EXERCISE AIM - Of all the entries below, retype only the lines from the one with "unfolding slot_new" through the one with "rw (init, shift_is)", exactly as they appear.

(THE RECORDS)

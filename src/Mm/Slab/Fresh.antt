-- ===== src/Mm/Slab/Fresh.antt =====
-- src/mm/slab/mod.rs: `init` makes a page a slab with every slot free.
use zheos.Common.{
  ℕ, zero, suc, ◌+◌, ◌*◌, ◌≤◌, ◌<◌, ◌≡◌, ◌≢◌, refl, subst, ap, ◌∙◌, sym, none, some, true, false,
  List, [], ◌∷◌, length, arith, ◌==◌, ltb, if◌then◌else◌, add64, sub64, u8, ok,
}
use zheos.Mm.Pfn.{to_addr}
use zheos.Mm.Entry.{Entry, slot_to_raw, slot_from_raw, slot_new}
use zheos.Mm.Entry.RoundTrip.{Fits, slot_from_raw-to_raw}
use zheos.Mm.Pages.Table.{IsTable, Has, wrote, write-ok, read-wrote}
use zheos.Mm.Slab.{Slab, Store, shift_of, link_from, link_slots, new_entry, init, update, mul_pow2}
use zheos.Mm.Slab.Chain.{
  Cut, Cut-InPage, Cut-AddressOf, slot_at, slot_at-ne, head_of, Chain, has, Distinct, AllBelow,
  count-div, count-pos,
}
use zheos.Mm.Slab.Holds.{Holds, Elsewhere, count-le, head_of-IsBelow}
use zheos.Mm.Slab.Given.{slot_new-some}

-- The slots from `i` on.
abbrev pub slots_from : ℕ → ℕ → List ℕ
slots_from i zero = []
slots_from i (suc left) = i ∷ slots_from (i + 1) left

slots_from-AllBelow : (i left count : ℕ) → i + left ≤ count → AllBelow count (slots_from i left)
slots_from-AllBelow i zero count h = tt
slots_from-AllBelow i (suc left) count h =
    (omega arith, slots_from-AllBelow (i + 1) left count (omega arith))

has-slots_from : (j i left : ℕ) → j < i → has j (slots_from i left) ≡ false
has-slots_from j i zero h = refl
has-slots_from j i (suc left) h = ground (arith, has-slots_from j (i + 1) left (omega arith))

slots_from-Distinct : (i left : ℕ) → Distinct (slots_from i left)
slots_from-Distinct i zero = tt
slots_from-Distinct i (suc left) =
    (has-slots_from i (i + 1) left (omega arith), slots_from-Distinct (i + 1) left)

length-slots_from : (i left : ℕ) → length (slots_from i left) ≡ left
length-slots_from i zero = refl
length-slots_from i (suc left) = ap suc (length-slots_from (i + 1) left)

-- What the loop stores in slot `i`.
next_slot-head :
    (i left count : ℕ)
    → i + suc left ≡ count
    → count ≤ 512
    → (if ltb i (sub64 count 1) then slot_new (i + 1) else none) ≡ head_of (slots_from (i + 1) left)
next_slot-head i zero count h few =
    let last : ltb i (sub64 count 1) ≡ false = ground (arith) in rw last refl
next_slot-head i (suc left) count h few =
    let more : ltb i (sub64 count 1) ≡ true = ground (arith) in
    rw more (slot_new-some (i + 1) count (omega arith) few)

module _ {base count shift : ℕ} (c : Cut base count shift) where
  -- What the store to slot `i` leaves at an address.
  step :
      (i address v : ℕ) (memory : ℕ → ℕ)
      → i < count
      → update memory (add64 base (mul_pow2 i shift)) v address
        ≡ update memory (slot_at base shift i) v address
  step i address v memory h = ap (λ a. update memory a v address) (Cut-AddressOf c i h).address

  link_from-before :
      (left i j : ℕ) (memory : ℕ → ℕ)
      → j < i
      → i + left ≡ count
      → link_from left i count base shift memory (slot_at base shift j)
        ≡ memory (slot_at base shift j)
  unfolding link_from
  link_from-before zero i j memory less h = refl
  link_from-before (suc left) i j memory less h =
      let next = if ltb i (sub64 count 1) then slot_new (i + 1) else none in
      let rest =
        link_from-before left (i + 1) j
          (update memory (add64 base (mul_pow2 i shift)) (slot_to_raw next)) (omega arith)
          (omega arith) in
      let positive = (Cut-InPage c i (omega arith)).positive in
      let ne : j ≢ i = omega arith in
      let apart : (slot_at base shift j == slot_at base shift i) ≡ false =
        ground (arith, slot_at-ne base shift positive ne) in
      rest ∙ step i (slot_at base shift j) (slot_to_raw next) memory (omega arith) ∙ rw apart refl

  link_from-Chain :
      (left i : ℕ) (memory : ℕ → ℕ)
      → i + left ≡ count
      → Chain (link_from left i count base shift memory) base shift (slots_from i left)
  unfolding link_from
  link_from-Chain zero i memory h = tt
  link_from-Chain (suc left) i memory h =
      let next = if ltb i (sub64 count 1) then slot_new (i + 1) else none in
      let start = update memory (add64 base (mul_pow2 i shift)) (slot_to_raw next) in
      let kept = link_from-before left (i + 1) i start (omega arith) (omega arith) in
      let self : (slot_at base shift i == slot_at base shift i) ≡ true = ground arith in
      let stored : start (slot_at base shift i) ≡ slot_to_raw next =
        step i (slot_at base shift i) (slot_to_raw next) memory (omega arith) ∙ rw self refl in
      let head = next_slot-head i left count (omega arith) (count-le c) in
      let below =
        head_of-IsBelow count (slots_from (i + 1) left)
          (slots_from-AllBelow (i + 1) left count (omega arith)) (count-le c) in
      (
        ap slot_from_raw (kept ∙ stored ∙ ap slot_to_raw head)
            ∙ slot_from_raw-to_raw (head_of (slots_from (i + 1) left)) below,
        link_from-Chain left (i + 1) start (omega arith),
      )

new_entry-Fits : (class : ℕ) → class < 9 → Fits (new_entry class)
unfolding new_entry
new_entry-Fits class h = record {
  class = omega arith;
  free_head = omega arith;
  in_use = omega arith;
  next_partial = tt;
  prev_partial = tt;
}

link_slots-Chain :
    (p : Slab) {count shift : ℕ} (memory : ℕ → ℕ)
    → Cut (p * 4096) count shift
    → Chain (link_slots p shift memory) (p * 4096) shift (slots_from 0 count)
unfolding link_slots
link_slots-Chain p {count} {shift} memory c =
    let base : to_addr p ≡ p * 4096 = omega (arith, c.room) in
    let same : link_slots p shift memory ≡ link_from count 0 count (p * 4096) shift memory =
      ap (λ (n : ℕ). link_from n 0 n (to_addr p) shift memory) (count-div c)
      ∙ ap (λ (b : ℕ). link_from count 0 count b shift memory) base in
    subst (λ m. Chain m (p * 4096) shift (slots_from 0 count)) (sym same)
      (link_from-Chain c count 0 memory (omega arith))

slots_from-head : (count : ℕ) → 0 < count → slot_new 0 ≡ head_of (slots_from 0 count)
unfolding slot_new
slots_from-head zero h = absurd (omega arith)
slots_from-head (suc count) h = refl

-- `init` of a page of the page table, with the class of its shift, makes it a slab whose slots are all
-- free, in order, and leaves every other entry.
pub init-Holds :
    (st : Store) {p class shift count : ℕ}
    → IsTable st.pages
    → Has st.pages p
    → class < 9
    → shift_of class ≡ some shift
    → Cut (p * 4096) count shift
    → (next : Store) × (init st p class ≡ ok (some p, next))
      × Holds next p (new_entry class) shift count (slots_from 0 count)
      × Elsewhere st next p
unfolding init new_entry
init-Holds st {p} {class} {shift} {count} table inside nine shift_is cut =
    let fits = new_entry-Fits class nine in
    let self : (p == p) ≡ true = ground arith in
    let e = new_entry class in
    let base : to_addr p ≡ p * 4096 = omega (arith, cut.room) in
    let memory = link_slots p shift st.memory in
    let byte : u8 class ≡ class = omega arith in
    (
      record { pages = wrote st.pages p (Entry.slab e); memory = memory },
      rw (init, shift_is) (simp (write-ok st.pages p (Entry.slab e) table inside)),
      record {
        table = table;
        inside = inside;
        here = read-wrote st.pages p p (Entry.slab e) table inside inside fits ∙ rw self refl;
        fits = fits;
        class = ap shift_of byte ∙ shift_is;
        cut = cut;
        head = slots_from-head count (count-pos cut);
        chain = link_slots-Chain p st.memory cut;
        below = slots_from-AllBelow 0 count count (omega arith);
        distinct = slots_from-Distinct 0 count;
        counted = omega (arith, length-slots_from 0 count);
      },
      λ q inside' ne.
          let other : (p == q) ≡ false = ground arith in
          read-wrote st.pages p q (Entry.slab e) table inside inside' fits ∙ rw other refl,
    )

(End THE RECORDS)

WORKED SOLUTION -
unfolding slot_new
slots_from-head zero h = absurd (omega arith)
slots_from-head (suc count) h = refl

-- `init` of a page of the page table, with the class of its shift, makes it a slab whose slots are all
-- free, in order, and leaves every other entry.
pub init-Holds :
    (st : Store) {p class shift count : ℕ}
    → IsTable st.pages
    → Has st.pages p
    → class < 9
    → shift_of class ≡ some shift
    → Cut (p * 4096) count shift
    → (next : Store) × (init st p class ≡ ok (some p, next))
      × Holds next p (new_entry class) shift count (slots_from 0 count)
      × Elsewhere st next p
unfolding init new_entry
init-Holds st {p} {class} {shift} {count} table inside nine shift_is cut =
    let fits = new_entry-Fits class nine in
    let self : (p == p) ≡ true = ground arith in
    let e = new_entry class in
    let base : to_addr p ≡ p * 4096 = omega (arith, cut.room) in
    let memory = link_slots p shift st.memory in
    let byte : u8 class ≡ class = omega arith in
    (
      record { pages = wrote st.pages p (Entry.slab e); memory = memory },
      rw (init, shift_is) (simp (write-ok st.pages p (Entry.slab e) table inside)),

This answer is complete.